On Fri, Jan 04, 2019 at 02:41:00PM +0100, Stoiko Ivanov wrote:
> On Fri, 4 Jan 2019 14:12:23 +0100
> Alwin Antreich <a.antreich at proxmox.com> wrote:
> 
> > On Fri, Jan 04, 2019 at 02:06:23PM +0100, Stoiko Ivanov wrote:
> > > The issue was observed recently and can lead to potential dataloss.
> > > When using a shared LVM storage (e.g. over iSCSI) in a clustered
> > > setup only the node, where a guest is active notices the size
> > > change upon disk-resize (lvextend/lvreduce).
> > > 
> > > LVM's metadata gets updated on all nodes eventually (the latest
> > > when pvestatd runs and lists all LVM-volumes (lvs/vgs update the
> > > metadata), however the device-files (/dev/$vg/$lv) on all nodes,
> > > where the guest is not actively running do not notice the change.
> > > 
> > > Steps to reproduce an I/O error:
> > > * create a qemu-guest with a disk backed by a shared LVM storage
> > > * create a filesystem on that disk and fill it to 100%
> > > * resize the disk/filesystem
> > > * put some more data on the filesystem
> > > * migrate the guest to another node
> > > * try reading past the initial disksize
> > > 
> > > The second patch fixes the size-mismatch by running `lvchange
> > > --refresh` whenever we activate a volume with LVM and should fix
> > > the critical issue
> > > 
> > > The first patch introduces a direct implementation of
> > > volume_size_info to the LVMPlugin.pm, reading the volume size via
> > > `lvs`, instead of falling back to `qemu-img info` from Plugin.pm.
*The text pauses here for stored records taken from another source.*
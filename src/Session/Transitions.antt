-- ===== src/Session/Transitions.antt =====
-- The state machine of libcrocofix/session_state.cppm, as `session::state` announces its changes.
mod Moves
mod Steps
mod Handlers
mod Examples
use crocofix.Base.{refl, arith, List, [], ◌∷◌}
use crocofix.Base.Exec.Keeps.{Does, does_rules}
use crocofix.Session.State.{Session, Env, Setting, configure, ensure_options_are_mutable, session}
use crocofix.Session.Steps.{
  Primitives, open_session-Does, close-Does, enter_disconnected-Does, defibrillate-Does,
  test_request_due-Does,
}
use crocofix.Session.Handler.{
  opens, closes, hang_up, heartbeat_due, test_request_timeout, reads, sends, set_numbers,
  configures, Call, run_call, run_calls,
}
use crocofix.Session.Transitions.Moves.{IsWalk, Walks, Walks-Composes}
use crocofix.Session.Transitions.Steps.{Walks-Primitives, update-Walks}
use crocofix.Session.Transitions.Handlers.{on_message_read-Walks}

module _ (env : Env) where
  abbrev p : Primitives env Walks
  p = Walks-Primitives env

  mutable-Walks : Does Walks ensure_options_are_mutable
  unfolding ensure_options_are_mutable
  mutable-Walks = record { at = λ s. record { at = λ w. ground arith } }

  configure-Walks : (x : Setting) → Does Walks (configure x)
  unfolding configure
  configure-Walks x = search (does_rules, p.composes, mutable-Walks, update-Walks) depth 8

  run_call-Walks : (c : Call) → Does Walks (run_call env c)
  unfolding run_call
  run_call-Walks opens = open_session-Does env p
  run_call-Walks closes = close-Does env p
  run_call-Walks hang_up = enter_disconnected-Does env p
  run_call-Walks heartbeat_due = defibrillate-Does env p
  run_call-Walks test_request_timeout = test_request_due-Does env p
  run_call-Walks (reads m) = on_message_read-Walks env m
  run_call-Walks (sends m options) = search (does_rules, p.composes, p.sends)
  run_call-Walks (set_numbers a b) =
      search (does_rules, p.composes, p.set_incomings, p.set_outgoings)
  run_call-Walks (configures x) = configure-Walks x

  runs-Walks : (cs : List Call) (s : Session) → Walks s (run_calls env cs s)
  unfolding run_calls
  runs-Walks [] s = Walks-Composes.stay s
  runs-Walks (c ∷ cs) s =
      Walks-Composes.join s (run_call env c s).1 _ ((run_call-Walks c).at s)
        (runs-Walks cs (run_call env c s).1)

-- Whatever calls a new session gets, messages read, timers and settings included: the changes of its
-- state that it announced are a walk through the state machine, from `connected` to the state that it
-- is in. Each one starts where the one before ended and ends somewhere else; the session logs on only
-- from `logging_on`, `resetting` or `resending`, enters `logging_on` only from `connected`, and comes
-- back to `connected` only from `logged_on`.
pub run_calls-IsWalk :
    (env : Env) (cs : List Call)
    → IsWalk (run_calls env cs session).events (run_calls env cs session).state
unfolding session IsWalk
run_calls-IsWalk env cs = (runs-Walks env cs session).at refl
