-- ===== src/Session/Transitions/Examples.antt =====
-- The walk of an acceptor that a peer logs on to.
use crocofix.Session.State.{session}
use crocofix.Session.Handler.{run_calls}
use crocofix.Session.Examples.{env, calls}
use crocofix.Session.Transitions.Moves.{IsWalk}
use crocofix.Session.Transitions.{run_calls-IsWalk}

run_calls-IsWalk_example :
    IsWalk (run_calls env calls session).events (run_calls env calls session).state
run_calls-IsWalk_example = run_calls-IsWalk env calls
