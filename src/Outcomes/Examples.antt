-- ===== src/Outcomes/Examples.antt =====
-- A report of one passing and one skipped test, from its bytes to the outcome.
use verifier_ci.Prelude.{◌≡◌, refl, Bool, true, false, none, some, List, [], ◌∷◌, String}
use verifier_ci.Prelude.Int.{pos}
use verifier_ci.Prelude.Text.{in_lower, lower_is, is_blank}
use verifier_ci.Models.Attempt.{Outcome, Validity, Disposition}
use verifier_ci.Models.Attempt.Validation.{check_row}
use verifier_ci.Models.Capture.{
  Value, Items, Fields, Mode, TestResult, TestStatus, ExecutionCapture, ParsedOutcome,
  VerifierManifest,
}
use verifier_ci.Report.Scan.{get_field, status_of, float_limit}
use verifier_ci.Report.Judge.{judge, report_of}
use verifier_ci.Report.Parser.{ReportBytes, parse}
use verifier_ci.Report.Reading.{ReadsReport}
use verifier_ci.Report.Acceptance.{Earned, judge-accept}
use verifier_ci.Outcomes.Classify.{parse_capture, is_patch_error}
use verifier_ci.Outcomes.Precedence.{RanToEnd}
use verifier_ci.Outcomes.Decisions.{parse_capture-accept, parse_capture-check_row}

-- No text of the examples is read as a float.
abbrev reads_none : String → Bool
reads_none _ = false

abbrev test_entry : String → String → Value → Value
test_entry nodeid outcome duration = Value.object (
    Fields.field "nodeid" (Value.text nodeid)
      (Fields.field "outcome" (Value.text outcome) (Fields.field "duration" duration Fields.end)))

abbrev report : Value → ReportBytes
report duration = ReportBytes.document (
    Value.object (
      Fields.field "tests"
        (Value.array (
          Items.cons (test_entry "t::one" "PASSED" duration)
            (Items.cons (test_entry "t::two" "skipped" Value.null) Items.nil)))
        Fields.end))

abbrev manifest : VerifierManifest
manifest = record {
  manifest_hash = 1;
  mode = Mode.compatibility;
  command = "pytest" ∷ [];
  build_command = [];
  expected_collection = "t::two" ∷ "t::one" ∷ [];
  parser_id = "pytest-report-v1";
  report_path = "report.json";
  payload_digest = 2;
  allowed_edit_paths = "src/" ∷ [];
  required_pass_ids = "t::one" ∷ [];
  permitted_skips = "t::two" ∷ [];
  timeout_seconds = 60;
}

abbrev capture : ExecutionCapture
capture = record {
  attempt_id = 1;
  exit_code = some (pos 0);
  timed_out = false;
  oom_killed = none;
  cancelled = false;
  build_exit_code = none;
  stdout_hash = some 11;
  stderr_hash = none;
  report_digest = some 12;
  truncated = false;
  resources = record {
    duration = none;
    allocated_cpu = none;
    cpu_seconds = none;
    peak_memory = none;
    model_usage = none;
    estimated_cost = none;
    pricing_version = none;
    bytes_written = none;
  };
  runtime_error = none;
}

abbrev results : List TestResult
results =
    record {
      test_id = "t::one";
      status = TestStatus.passed;
      duration = some (Value.integer (pos 2));
      failure_digest = none;
    }
    ∷ record {
      test_id = "t::two";
      status = TestStatus.skipped;
      duration = none;
      failure_digest = none;
    }
    ∷ []

abbrev answer : ParsedOutcome
answer = record {
  outcome = Outcome.accept;
  evaluation_validity = Validity.valid;
  error_code = none;
  report = some (report_of results);
  evidence_digests = 11 ∷ 12 ∷ [];
}

judge-accept_example :
    (false ≡ false)
    × ((judge results false manifest capture).report ≡ some (report_of results))
    × Earned results manifest capture
unfolding judge
judge-accept_example = judge-accept results false manifest capture refl

parse_capture-accept_example :
    RanToEnd capture manifest
    × (rs : List TestResult) × ReadsReport (some (report (Value.integer (pos 2)))) rs
    × (answer.report ≡ some (report_of rs))
    × Earned rs manifest capture
unfolding parse_capture parse get_field status_of lower_is is_blank
parse_capture-accept_example =
    parse_capture-accept reads_none capture manifest (some (report (Value.integer (pos 2)))) answer
      refl refl

parse_capture-check_row_example :
    check_row (some Outcome.accept) Validity.valid Disposition.authoritative ≡ true
unfolding parse_capture parse get_field status_of lower_is is_blank
parse_capture-check_row_example =
    parse_capture-check_row reads_none capture manifest (some (report (Value.integer (pos 2))))
      answer refl

-- An integer duration that is too large for a float leaves the parser as an exception.
huge_duration :
    parse reads_none (some (report (Value.integer (pos float_limit)))) manifest capture ≡ none
unfolding parse get_field status_of lower_is is_blank
huge_duration = refl

patch_in_an_error : is_patch_error "Could not apply PATCH" ≡ true
unfolding is_patch_error in_lower
patch_in_an_error = refl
> > > While this should always yield the same output after the second
> > > patch on the node where a guest is currently running, there still
> > > might be a mismatch when the LV is active (e.g. after a fresh boot)
> > > on a node, and gets resized on another node.  
> > I faintly recall, that there was a discussion offline about changing
> > the activation of LVs, especially for booting. Something similar to,
> > 'we activate LVs only if we need them on the specific node'.
> 
> Could make sense in general. However the volumes might get activated by
> some external invocation nonetheless (e.g. running `vgchange -ay`) -
> then the refresh is still necessary.

specifically, we discussed setting the 'k' attribute ('activationskip')
on PVE-managed LVs - these will then be ignored by all the usual
activation on boot, since those do not pass '--ignoreactivationskip' /
'-K' for obvious reasons ;)

having the refresh here is a good idea anyway, but maybe we want to
re-evaluate the above mechanism for 6.x?